The book fills a conspicuous void in the international dialogue on climate change and heat islands by examining both the environmental benefits in developed countries and the population benefit in developing countries. Urban heat islands can be addressed in incremental, manageable steps, such as planting trees and painting roofs white, which provide a more concrete and proactive sense of progress for policymakers and practitioners. This book is invaluable to anyone searching for a better understanding of the impact of resilient cities in the monumental and urgent fight against climate change, and provides the tools to do so.

Douglas Kelbaugh, FAIA, is Emil Lorch Collegiate Professor of Architecture and Urban Planning at the Taubman College of Architecture & Urban Planning, University of Michigan.

This event includes a signing and books will be for sale.

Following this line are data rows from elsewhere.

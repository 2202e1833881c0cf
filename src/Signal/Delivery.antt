-- ===== src/Signal/Delivery.antt =====
-- What a delivery does to the process table, and what it answers.
use brane_os.Prelude.{
  ℕ, ◌+◌, ◌≡◌, ◌≢◌, refl, ◌∙◌, sym, ap, inl, inr, ◌⊎◌, true, false, Option, none, some, List, [],
  ◌∷◌, pos, ◌==◌, bit_and, arith, Bool-cases, Option-cases, ==→eq, ℕ_discrete,
}
use brane_os.Prelude.Slots.Scans.{In}
use brane_os.Prelude.Bits.{bit_at, bit_at-zero, bit_at-le-one, mask_test_iff}
use brane_os.Process.Table.{Process, ProcessTable, terminated, get}
use brane_os.Signal.{
  Signal, chld, cont, stop, to_raw, SignalAction, default, ignore, handler, SignalManager, sig_bit,
  get_action, deliverable, pending_for, cleared, clear_pending, Response, pass, fatal, run_handler,
  respond, signals_to_check, deliver_from, deliver_pending,
}
use brane_os.Signal.Changes.{
  Quieter-trans, Quieter, terminate-Replaced, Replaced, clear_pending-Replaced, Replaced-trans,
  unchanged-Replaced, get_action_stable, Replaced-self, cleared-Quieter, Quieter-refl, cleared-bit,
}

-- The three ways in which a delivery over these signals ends.
pub data Outcome (m : SignalManager) (t : ProcessTable) (pid mask : ℕ) (p : Process)
    (sigs : List Signal) : Option (Signal × ℕ) → ProcessTable → Type 0 where
  quiet :
      (q : Process) (u : ProcessTable)
      → ((s : Signal)
          → In s sigs
          → bit_at (to_raw s) mask ≡ 1
          → respond (get_action m t pid s) s ≡ pass)
      → ((s : Signal)
          → In s sigs
          → bit_at (to_raw s) mask ≡ 1
          → bit_at (to_raw s) q.signal_pending ≡ 0)
      → Quieter mask p q
      → Replaced t pid q u
      → Outcome m t pid mask p sigs none u
  killed :
      (sig : Signal) (q : Process) (u : ProcessTable)
      → In sig sigs
      → bit_at (to_raw sig) mask ≡ 1
      → respond (get_action m t pid sig) sig ≡ fatal
      → bit_at (to_raw sig) q.signal_pending ≡ 0
      → Quieter mask p q
      → Replaced t pid (record q { state = terminated; exit_code = pos (128 + to_raw sig) }) u
      → Outcome m t pid mask p sigs none u
  handled :
      (sig : Signal) (addr : ℕ) (q : Process) (u : ProcessTable)
      → In sig sigs
      → bit_at (to_raw sig) mask ≡ 1
      → get_action m t pid sig ≡ handler addr
      → bit_at (to_raw sig) q.signal_pending ≡ 0
      → Quieter mask p q
      → Replaced t pid q u
      → Outcome m t pid mask p sigs (some (sig, addr)) u

later_pass :
    (m : SignalManager) (t u : ProcessTable) (pid mask : ℕ) (q : Process) (sig : Signal)
    (rest : List Signal)
    → (bit_at (to_raw sig) mask ≡ 1 → respond (get_action m t pid sig) sig ≡ pass)
    → Replaced t pid q u
    → ((s : Signal)
        → In s rest
        → bit_at (to_raw s) mask ≡ 1
        → respond (get_action m u pid s) s ≡ pass)
    → (s : Signal) → In s (sig ∷ rest)
    → bit_at (to_raw s) mask ≡ 1
    → respond (get_action m t pid s) s ≡ pass
later_pass m t u pid mask q sig rest here v all s (inl same) bit =
    ap (λ x. respond (get_action m t pid x) x) same
    ∙ here (ap (λ x. bit_at (to_raw x) mask) (sym same) ∙ bit)
later_pass m t u pid mask q sig rest here v all s (inr i) bit =
    rw (← get_action_stable m t u pid q s v) (all s i bit)

later_off :
    (mask : ℕ) (q x : Process) (sig : Signal) (rest : List Signal)
    → (bit_at (to_raw sig) mask ≡ 1 → bit_at (to_raw sig) q.signal_pending ≡ 0)
    → ((s : Signal)
        → In s rest
        → bit_at (to_raw s) mask ≡ 1
        → bit_at (to_raw s) x.signal_pending ≡ 0)
    → Quieter mask q x
    → (s : Signal) → In s (sig ∷ rest)
    → bit_at (to_raw s) mask ≡ 1
    → bit_at (to_raw s) x.signal_pending ≡ 0
later_off mask q x sig rest gone off b s (inl same) bit =
    let here = gone (ap (λ y. bit_at (to_raw y) mask) (sym same) ∙ bit) in
    ap (λ y. bit_at (to_raw y) x.signal_pending) same ∙ omega (arith, here, b.fewer (to_raw sig))
later_off mask q x sig rest gone off b s (inr i) bit = off s i bit

Outcome-later :
    (m : SignalManager) (t u : ProcessTable) (pid mask : ℕ) (p q : Process) (sig : Signal)
    (rest : List Signal) {r : Option (Signal × ℕ)} {w : ProcessTable}
    → (bit_at (to_raw sig) mask ≡ 1 → respond (get_action m t pid sig) sig ≡ pass)
    → (bit_at (to_raw sig) mask ≡ 1 → bit_at (to_raw sig) q.signal_pending ≡ 0)
    → Quieter mask p q
    → Replaced t pid q u
    → Outcome m u pid mask q rest r w
    → Outcome m t pid mask p (sig ∷ rest) r w
Outcome-later m t u pid mask p q sig rest here gone a v (quiet x w all off b z) =
    quiet x w (later_pass m t u pid mask q sig rest here v all)
      (later_off mask q x sig rest gone off b) (Quieter-trans mask p q x a b)
      (Replaced-trans t u w pid q x v z)
Outcome-later m t u pid mask p q sig rest here gone a v (killed s x w i bit f c b z) =
    killed s x w (inr i) bit (rw (← get_action_stable m t u pid q s v) f) c
      (Quieter-trans mask p q x a b) (Replaced-trans t u w pid q _ v z)
Outcome-later m t u pid mask p q sig rest here gone a v (handled s addr x w i bit h c b z) =
    handled s addr x w (inr i) bit (rw (← get_action_stable m t u pid q s v) h) c
      (Quieter-trans mask p q x a b) (Replaced-trans t u w pid q x v z)

pub Response-cases :
    (r : Response) → (r ≡ pass) ⊎ ((r ≡ fatal) ⊎ ((addr : ℕ) × (r ≡ run_handler addr)))
Response-cases pass = inl refl
Response-cases fatal = inr (inl refl)
Response-cases (run_handler addr) = inr (inr (addr, refl))

-- Only a handler is run.
respond-handler :
    (action : SignalAction) (sig : Signal) (addr : ℕ)
    → respond action sig ≡ run_handler addr
    → action ≡ handler addr
unfolding respond
respond-handler (handler a) sig addr e = cc
respond-handler ignore sig addr e = absurd (cc)
respond-handler default chld addr e = absurd (cc)
respond-handler default cont addr e = absurd (cc)
respond-handler default stop addr e = absurd (cc)
respond-handler default sig addr e = absurd (cc)

pub mask_test-bit :
    (mask : ℕ) (sig : Signal)
    → bit_and mask (sig_bit sig) == 0 ≡ false
    → bit_at (to_raw sig) mask ≡ 1
unfolding sig_bit
mask_test-bit mask sig on = elim (ℕ_discrete (bit_at (to_raw sig) mask) 0) [
  | yes z ↦ absurd (ground (arith, (mask_test_iff (to_raw sig) mask).1 z))
  | no n ↦ omega (arith, bit_at-le-one (to_raw sig) mask)
]

deliver_from-Outcome :
    (m : SignalManager) (pid mask : ℕ) (sigs : List Signal) (t : ProcessTable) (p : Process)
    → get t pid ≡ some p
    → let (r, u) = deliver_from m pid mask sigs t in Outcome m t pid mask p sigs r u
unfolding deliver_from sig_bit
deliver_from-Outcome m pid mask [] t p e =
    quiet p t (λ s i. absurd i) (λ s i. absurd i) (Quieter-refl mask p)
      (unchanged-Replaced t pid p e)
deliver_from-Outcome m pid mask (sig ∷ rest) t p e =
    let t2 = clear_pending t pid sig in
    let p2 = cleared sig p in
    let v = clear_pending-Replaced t pid sig p e in
    let own = Replaced-self t t2 pid p2 v in
    elim (Bool-cases (bit_and mask (sig_bit sig) == 0)) [
      | inl off ↦
          rw (off, deliver_from)
            (Outcome-later m t t pid mask p p sig rest
              (λ bit. absurd (ground (arith, (mask_test_iff (to_raw sig) mask).0 off)))
              (λ bit. absurd (ground (arith, (mask_test_iff (to_raw sig) mask).0 off)))
              (Quieter-refl mask p) (unchanged-Replaced t pid p e)
              (deliver_from-Outcome m pid mask rest t p e))
      | inr on ↦ elim (Response-cases (respond (get_action m t2 pid sig) sig)) [
        | inl r ↦
            rw (on, r, deliver_from)
              (Outcome-later m t t2 pid mask p p2 sig rest
                (λ _. ap (λ a. respond a sig) (sym (get_action_stable m t t2 pid p2 sig v)) ∙ r)
                (λ _. cleared-bit sig p) (less on) v
                (deliver_from-Outcome m pid mask rest t2 p2 own))
        | inr (inl r) ↦
            rw (on, r, deliver_from)
              (killed sig p2 _ (inl refl) (mask_test-bit mask sig on)
                (ap (λ a. respond a sig) (sym (get_action_stable m t t2 pid p2 sig v)) ∙ r)
                (cleared-bit sig p) (less on)
                (Replaced-trans t t2 _ pid p2 _ v (terminate-Replaced t2 pid _ p2 own)))
        | inr (inr (addr, r)) ↦
            rw (on, r, deliver_from)
              (handled sig addr p2 t2 (inl refl) (mask_test-bit mask sig on)
                (sym (get_action_stable m t t2 pid p2 sig v) ∙ respond-handler _ sig addr r)
                (cleared-bit sig p) (less on) v)
      ]
    ]
  where
    less : bit_and mask (sig_bit sig) == 0 ≡ false → Quieter mask p (cleared sig p)
    less on = cleared-Quieter mask sig p (mask_test-bit mask sig on)

pub deliver_pending-Outcome :
    (m : SignalManager) (t : ProcessTable) (pid : ℕ) (p : Process)
    → get t pid ≡ some p
    → let (r, u) = deliver_pending m t pid in Outcome m t pid (deliverable p) p signals_to_check r u
unfolding deliver_pending pending_for
deliver_pending-Outcome m t pid p e =
    rw (e, deliver_pending, pending_for)
      (elim (Bool-cases (deliverable p == 0)) [
        | inl nothing ↦ rw nothing (
            quiet p t (λ s i bit. absurd (no_bit s bit nothing))
              (λ s i bit. absurd (no_bit s bit nothing)) (Quieter-refl (deliverable p) p)
              (unchanged-Replaced t pid p e))
        | inr some_bit ↦
            rw some_bit (deliver_from-Outcome m pid (deliverable p) signals_to_check t p e)
      ])
  where
    no_bit : (s : Signal) → bit_at (to_raw s) (deliverable p) ≡ 1 → (deliverable p == 0) ≡ true → ⊥
    no_bit s bit nothing = ground (
      arith,
      sym bit ∙ ap (bit_at (to_raw s)) (==→eq (deliverable p) 0 nothing) ∙ bit_at-zero (to_raw s),
    )

Outcome-other :
    (m : SignalManager) (t u : ProcessTable) (pid mask : ℕ) (p : Process) (sigs : List Signal)
    (r : Option (Signal × ℕ)) (j : ℕ)
    → pid ≢ j
    → Outcome m t pid mask p sigs r u
    → get u j ≡ get t j
Outcome-other m t u pid mask p sigs r j ne (quiet q w all off b z) = ground (arith, z.found j)
Outcome-other m t u pid mask p sigs r j ne (killed s q w i bit f c b z) = ground (arith, z.found j)
Outcome-other m t u pid mask p sigs r j ne (handled s addr q w i bit h c b z) =
    ground (arith, z.found j)

pub deliver_pending-other :
    (m : SignalManager) (t : ProcessTable) (pid j : ℕ)
    → pid ≢ j
    → get (deliver_pending m t pid).1 j ≡ get t j
unfolding deliver_pending pending_for
deliver_pending-other m t pid j ne = elim (Option-cases (get t pid)) [
  | inl e ↦ rw (e, deliver_pending, pending_for) refl
  | inr (p, e) ↦
      Outcome-other m t _ pid (deliverable p) p signals_to_check _ j ne
        (deliver_pending-Outcome m t pid p e)
]
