-- ===== src/Signal/Delivered.antt =====
-- The rule of a signal delivery in kernel/src/signal.rs: which signals are passed over, which end the
-- process and which are handled.
use brane_os.Prelude.{
  ℕ, ◌+◌, ◌^◌, ◌≤◌, ◌<◌, ◌≡◌, ◌≢◌, refl, inl, inr, Option, none, some, pos, ◌==◌, if◌then◌else◌,
  arith,
}
use brane_os.Prelude.Slots.Scans.{In}
use brane_os.Prelude.Bits.{bit_at, bit_at-le-one, bit_at-bit_and, bit_at-complement, complement}
use brane_os.Process.Table.{Process, ProcessTable, terminated, get}
use brane_os.Signal.{
  Signal, kill, term, int, quit, hup, usr1, usr2, chld, cont, stop, to_raw, SignalAction, default,
  ignore, handler, SignalManager, get_action, deliverable, pass, fatal, respond, signals_to_check,
  deliver_pending,
}
use brane_os.Signal.Delivery.{Outcome, deliver_pending-Outcome}
use brane_os.Signal.Changes.{Replaced, Quieter, to_raw_lt}
use brane_os.Signal.Delivery

-- The signal is pending and the process does not block it.
pub record Waiting (p : Process) (s : Signal) : Type 0 where
  pub pending : bit_at (to_raw s) p.signal_pending ≡ 1
  pub open_to : bit_at (to_raw s) p.signal_blocked ≡ 0

-- An action that lets the process run on: it ignores the signal, or it is the default action of one of
-- the three signals whose default does nothing.
pub data Harmless : SignalAction → Signal → Type 0 where
  ignored : (s : Signal) → Harmless ignore s
  default_chld : Harmless default chld
  default_cont : Harmless default cont
  default_stop : Harmless default stop

-- The default action of every other signal ends the process.
pub record Deadly (action : SignalAction) (s : Signal) : Type 0 where
  pub by_default : action ≡ default
  pub no_chld : s ≢ chld
  pub no_cont : s ≢ cont
  pub no_stop : s ≢ stop

-- `q` is `p` with no other change than that pending bits of signals it does not block are cleared.
pub record Drained (p q : Process) : Type 0 where
  pub fewer : (i : ℕ) → bit_at i q.signal_pending ≤ bit_at i p.signal_pending
  pub blocked_stay :
      (s : Signal)
      → bit_at (to_raw s) q.signal_pending ≡ (
          if bit_at (to_raw s) p.signal_blocked == 0
          then bit_at (to_raw s) q.signal_pending
          else bit_at (to_raw s) p.signal_pending)
  pub rest : q ≡ record p { signal_pending = q.signal_pending }

-- The three ways in which a delivery ends.
pub data Delivered (m : SignalManager) (t : ProcessTable) (pid : ℕ) (p : Process)
    : Option (Signal × ℕ) → ProcessTable → Type 0 where
  ran_on :
      (q : Process) (u : ProcessTable)
      → ((s : Signal) → Waiting p s → Harmless (get_action m t pid s) s)
      → ((s : Signal) → Waiting p s → bit_at (to_raw s) q.signal_pending ≡ 0)
      → Drained p q
      → Replaced t pid q u
      → Delivered m t pid p none u
  ended :
      (s : Signal) (q : Process) (u : ProcessTable)
      → Waiting p s
      → Deadly (get_action m t pid s) s
      → bit_at (to_raw s) q.signal_pending ≡ 0
      → Drained p q
      → Replaced t pid (record q { state = terminated; exit_code = pos (128 + to_raw s) }) u
      → Delivered m t pid p none u
  called :
      (s : Signal) (addr : ℕ) (q : Process) (u : ProcessTable)
      → Waiting p s
      → get_action m t pid s ≡ handler addr
      → bit_at (to_raw s) q.signal_pending ≡ 0
      → Drained p q
      → Replaced t pid q u
      → Delivered m t pid p (some (s, addr)) u

respond-Harmless : (a : SignalAction) (s : Signal) → respond a s ≡ pass → Harmless a s
unfolding respond
respond-Harmless ignore s e = ignored s
respond-Harmless (handler addr) s e = absurd (cc)
respond-Harmless default chld e = default_chld
respond-Harmless default cont e = default_cont
respond-Harmless default stop e = default_stop
respond-Harmless default s e = absurd (cc)

respond-Deadly : (a : SignalAction) (s : Signal) → respond a s ≡ fatal → Deadly a s
unfolding respond
respond-Deadly ignore s e = absurd (cc)
respond-Deadly (handler addr) s e = absurd (cc)
respond-Deadly default chld e = absurd (cc)
respond-Deadly default cont e = absurd (cc)
respond-Deadly default stop e = absurd (cc)
respond-Deadly default s e = record {
  by_default = refl;
  no_chld = λ x. cc;
  no_cont = λ x. cc;
  no_stop = λ x. cc;
}

-- The loop looks at every signal.
signals_to_check-In : (s : Signal) → In s signals_to_check
signals_to_check-In kill = inl refl
signals_to_check-In term = inr (inl refl)
signals_to_check-In int = inr (inr (inl refl))
signals_to_check-In quit = inr (inr (inr (inl refl)))
signals_to_check-In hup = inr (inr (inr (inr (inl refl))))
signals_to_check-In usr1 = inr (inr (inr (inr (inr (inl refl)))))
signals_to_check-In usr2 = inr (inr (inr (inr (inr (inr (inl refl))))))
signals_to_check-In chld = inr (inr (inr (inr (inr (inr (inr (inl refl)))))))
signals_to_check-In cont = inr (inr (inr (inr (inr (inr (inr (inr (inl refl))))))))
signals_to_check-In stop = inr (inr (inr (inr (inr (inr (inr (inr (inr (inl refl)))))))))

bit-deliverable :
    (p : Process) (s : Signal)
    → p.signal_blocked < 2 ^ 64
    → bit_at (to_raw s) (deliverable p)
      ≡ (if bit_at (to_raw s) p.signal_blocked == 0 then bit_at (to_raw s) p.signal_pending else 0)
unfolding deliverable
bit-deliverable p s small = ground (
  arith,
  bit_at-bit_and (to_raw s) p.signal_pending (complement 64 p.signal_blocked),
  bit_at-complement 64 (to_raw s) p.signal_blocked (to_raw_lt s) small,
  bit_at-le-one (to_raw s) p.signal_pending,
  bit_at-le-one (to_raw s) p.signal_blocked,
)

deliverable-Waiting :
    (p : Process) (s : Signal)
    → p.signal_blocked < 2 ^ 64
    → bit_at (to_raw s) (deliverable p) ≡ 1
    → Waiting p s
deliverable-Waiting p s small on = record {
  pending = ground (arith, on, bit-deliverable p s small);
  open_to = ground (arith, on, bit-deliverable p s small);
}

Waiting-deliverable :
    (p : Process) (s : Signal)
    → p.signal_blocked < 2 ^ 64
    → Waiting p s
    → bit_at (to_raw s) (deliverable p) ≡ 1
Waiting-deliverable p s small w = ground (arith, w.pending, w.open_to, bit-deliverable p s small)

Quieter-Drained :
    (p q : Process) → p.signal_blocked < 2 ^ 64 → Quieter (deliverable p) p q → Drained p q
Quieter-Drained p q small h = record {
  fewer = h.fewer;
  blocked_stay = λ s. ground (arith, h.kept s, bit-deliverable p s small);
  rest = h.rest;
}

Outcome-Delivered :
    (m : SignalManager) (t u : ProcessTable) (pid : ℕ) (p : Process) {r : Option (Signal × ℕ)}
    → p.signal_blocked < 2 ^ 64
    → Outcome m t pid (deliverable p) p signals_to_check r u
    → Delivered m t pid p r u
Outcome-Delivered m t u pid p small (Delivery.quiet q w all off b z) =
    ran_on q w
      (λ s wait.
        respond-Harmless _ s (all s (signals_to_check-In s) (Waiting-deliverable p s small wait)))
      (λ s wait. off s (signals_to_check-In s) (Waiting-deliverable p s small wait))
      (Quieter-Drained p q small b) z
Outcome-Delivered m t u pid p small (Delivery.killed s q w i bit f c b z) =
    ended s q w (deliverable-Waiting p s small bit) (respond-Deadly _ s f) c
      (Quieter-Drained p q small b) z
Outcome-Delivered m t u pid p small (Delivery.handled s addr q w i bit h c b z) =
    called s addr q w (deliverable-Waiting p s small bit) h c (Quieter-Drained p q small b) z

-- A delivery to a process that the table has, with a mask of 64 bits, ends in one of three ways, for
-- the pending signals that the process does not block. Each of them is ignored or is one of CHLD,
-- CONT and STOP under the default action: then all their bits are cleared, and nothing is answered.
-- Or one of them is another signal under the default action: then its bit is cleared and the process
-- is terminated with code 128 + its number. Or one of them has a handler, which is answered with the
-- signal, and its bit is cleared. No bit is set, the bits of blocked signals stay, nothing else of
-- the process changes, and no other process does.
pub deliver_pending-Delivered :
    (m : SignalManager) (t : ProcessTable) (pid : ℕ) (p : Process)
    → get t pid ≡ some p
    → p.signal_blocked < 2 ^ 64
    → let (r, u) = deliver_pending m t pid in Delivered m t pid p r u
deliver_pending-Delivered m t pid p e small =
    Outcome-Delivered m t (deliver_pending m t pid).1 pid p small
      (deliver_pending-Outcome m t pid p e)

Fiction at Literati: J. Ryan Stradal: The Lager Queen of Minnesota @ Literati
Sep 24 @ 7:00 pm – 8:30 pm

We welcome J. Ryan Stradal back to Literati for a reading in support of his latest, widely acclaimed novel, The Lager Queen of Minnesota, as part of our ongoing Fiction at Literati series. Free and open to the public, book signing to follow.

About the book: A novel of family, Midwestern values, hard work, fate and the secrets of making a world-class beer, from the bestselling author of Kitchens of the Great Midwest.

 

[The Lager Queen of Minnesota has] complex female characters, sudden tragedies, culinary descriptions that awaken all your senses.” –Entertainment Weekly

 

J. Ryan Stradal is a contributing editor at TASTE Magazine. His bestselling debut, Kitchens of the Great Midwest, won the 2016 American Booksellers Association Indie’s Choice Award for Adult Debut Book of the Year and also the 2016 Midwest Booksellers Choice Award for debut fiction. Born and raised in Minnesota, he now lives in Los Angeles.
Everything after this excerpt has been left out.